◆ What is expected
Locate the line that contains "pub record StatusPayload : Type 0 where" in the entries below, then repeat it and every following line through the line that contains "pub get_create : InputMessage", exactly, and no others.

◆ Dataset
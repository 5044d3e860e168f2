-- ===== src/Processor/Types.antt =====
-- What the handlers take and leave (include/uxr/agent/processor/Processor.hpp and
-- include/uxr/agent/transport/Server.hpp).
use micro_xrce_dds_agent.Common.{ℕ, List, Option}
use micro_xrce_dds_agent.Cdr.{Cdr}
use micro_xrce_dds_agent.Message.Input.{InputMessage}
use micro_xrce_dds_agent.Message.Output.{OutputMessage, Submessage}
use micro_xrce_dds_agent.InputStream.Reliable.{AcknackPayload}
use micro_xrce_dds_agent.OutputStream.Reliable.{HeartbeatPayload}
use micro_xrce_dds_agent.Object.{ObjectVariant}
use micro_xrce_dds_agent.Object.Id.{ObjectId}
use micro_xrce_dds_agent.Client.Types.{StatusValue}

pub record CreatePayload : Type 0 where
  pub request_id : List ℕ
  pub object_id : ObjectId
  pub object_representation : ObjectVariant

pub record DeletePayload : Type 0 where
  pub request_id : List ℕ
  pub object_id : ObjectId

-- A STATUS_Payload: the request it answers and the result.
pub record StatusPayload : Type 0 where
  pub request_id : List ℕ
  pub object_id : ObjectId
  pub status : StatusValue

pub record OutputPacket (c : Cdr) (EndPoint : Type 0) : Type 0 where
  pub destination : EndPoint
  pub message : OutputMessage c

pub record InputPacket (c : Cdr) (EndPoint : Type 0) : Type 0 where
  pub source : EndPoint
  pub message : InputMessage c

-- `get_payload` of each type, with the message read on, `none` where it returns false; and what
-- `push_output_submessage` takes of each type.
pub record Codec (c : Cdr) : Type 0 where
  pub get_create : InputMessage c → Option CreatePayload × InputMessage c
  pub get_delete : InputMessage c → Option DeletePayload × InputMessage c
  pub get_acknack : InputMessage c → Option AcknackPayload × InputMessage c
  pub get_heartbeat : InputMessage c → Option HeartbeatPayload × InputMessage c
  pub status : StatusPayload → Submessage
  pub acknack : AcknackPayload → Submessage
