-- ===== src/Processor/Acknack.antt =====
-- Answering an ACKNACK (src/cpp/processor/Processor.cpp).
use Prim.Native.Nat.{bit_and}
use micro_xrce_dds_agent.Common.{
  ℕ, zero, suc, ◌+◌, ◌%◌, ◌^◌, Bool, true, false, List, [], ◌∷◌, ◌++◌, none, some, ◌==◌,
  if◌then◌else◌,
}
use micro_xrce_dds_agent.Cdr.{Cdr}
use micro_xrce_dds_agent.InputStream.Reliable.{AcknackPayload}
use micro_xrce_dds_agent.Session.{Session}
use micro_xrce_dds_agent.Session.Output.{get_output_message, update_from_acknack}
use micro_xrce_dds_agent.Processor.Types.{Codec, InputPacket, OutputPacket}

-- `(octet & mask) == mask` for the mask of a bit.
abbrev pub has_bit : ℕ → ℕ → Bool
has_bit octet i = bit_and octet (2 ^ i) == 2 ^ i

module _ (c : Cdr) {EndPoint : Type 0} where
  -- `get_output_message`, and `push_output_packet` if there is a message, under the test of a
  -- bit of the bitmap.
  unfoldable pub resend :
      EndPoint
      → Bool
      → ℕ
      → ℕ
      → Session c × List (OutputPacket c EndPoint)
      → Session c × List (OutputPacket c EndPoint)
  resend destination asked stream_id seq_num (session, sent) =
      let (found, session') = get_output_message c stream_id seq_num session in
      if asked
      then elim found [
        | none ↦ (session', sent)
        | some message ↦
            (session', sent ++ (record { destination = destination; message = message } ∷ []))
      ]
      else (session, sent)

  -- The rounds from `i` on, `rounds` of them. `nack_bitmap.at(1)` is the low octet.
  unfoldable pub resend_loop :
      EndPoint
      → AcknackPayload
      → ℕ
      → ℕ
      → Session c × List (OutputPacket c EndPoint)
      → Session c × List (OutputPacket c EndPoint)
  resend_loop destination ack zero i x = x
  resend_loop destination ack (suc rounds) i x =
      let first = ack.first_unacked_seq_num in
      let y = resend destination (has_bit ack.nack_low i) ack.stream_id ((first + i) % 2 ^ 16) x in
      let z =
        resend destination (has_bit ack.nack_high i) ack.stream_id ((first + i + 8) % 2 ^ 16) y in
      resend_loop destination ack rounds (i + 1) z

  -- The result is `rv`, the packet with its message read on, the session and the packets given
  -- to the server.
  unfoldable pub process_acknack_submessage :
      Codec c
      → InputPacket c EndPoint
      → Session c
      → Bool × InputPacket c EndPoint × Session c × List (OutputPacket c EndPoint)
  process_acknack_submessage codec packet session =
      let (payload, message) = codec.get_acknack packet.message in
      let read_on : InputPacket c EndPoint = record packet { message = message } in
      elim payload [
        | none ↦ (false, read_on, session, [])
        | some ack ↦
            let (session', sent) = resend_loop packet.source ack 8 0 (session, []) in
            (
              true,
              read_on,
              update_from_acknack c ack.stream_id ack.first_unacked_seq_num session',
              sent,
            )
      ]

◆ Output below
pub record StatusPayload : Type 0 where
  pub request_id : List ℕ
  pub object_id : ObjectId
  pub status : StatusValue

pub record OutputPacket (c : Cdr) (EndPoint : Type 0) : Type 0 where
  pub destination : EndPoint
  pub message : OutputMessage c

pub record InputPacket (c : Cdr) (EndPoint : Type 0) : Type 0 where
  pub source : EndPoint
  pub message : InputMessage c

-- `get_payload` of each type, with the message read on, `none` where it returns false; and what
-- `push_output_submessage` takes of each type.
pub record Codec (c : Cdr) : Type 0 where
  pub get_create : InputMessage c → Option CreatePayload × InputMessage c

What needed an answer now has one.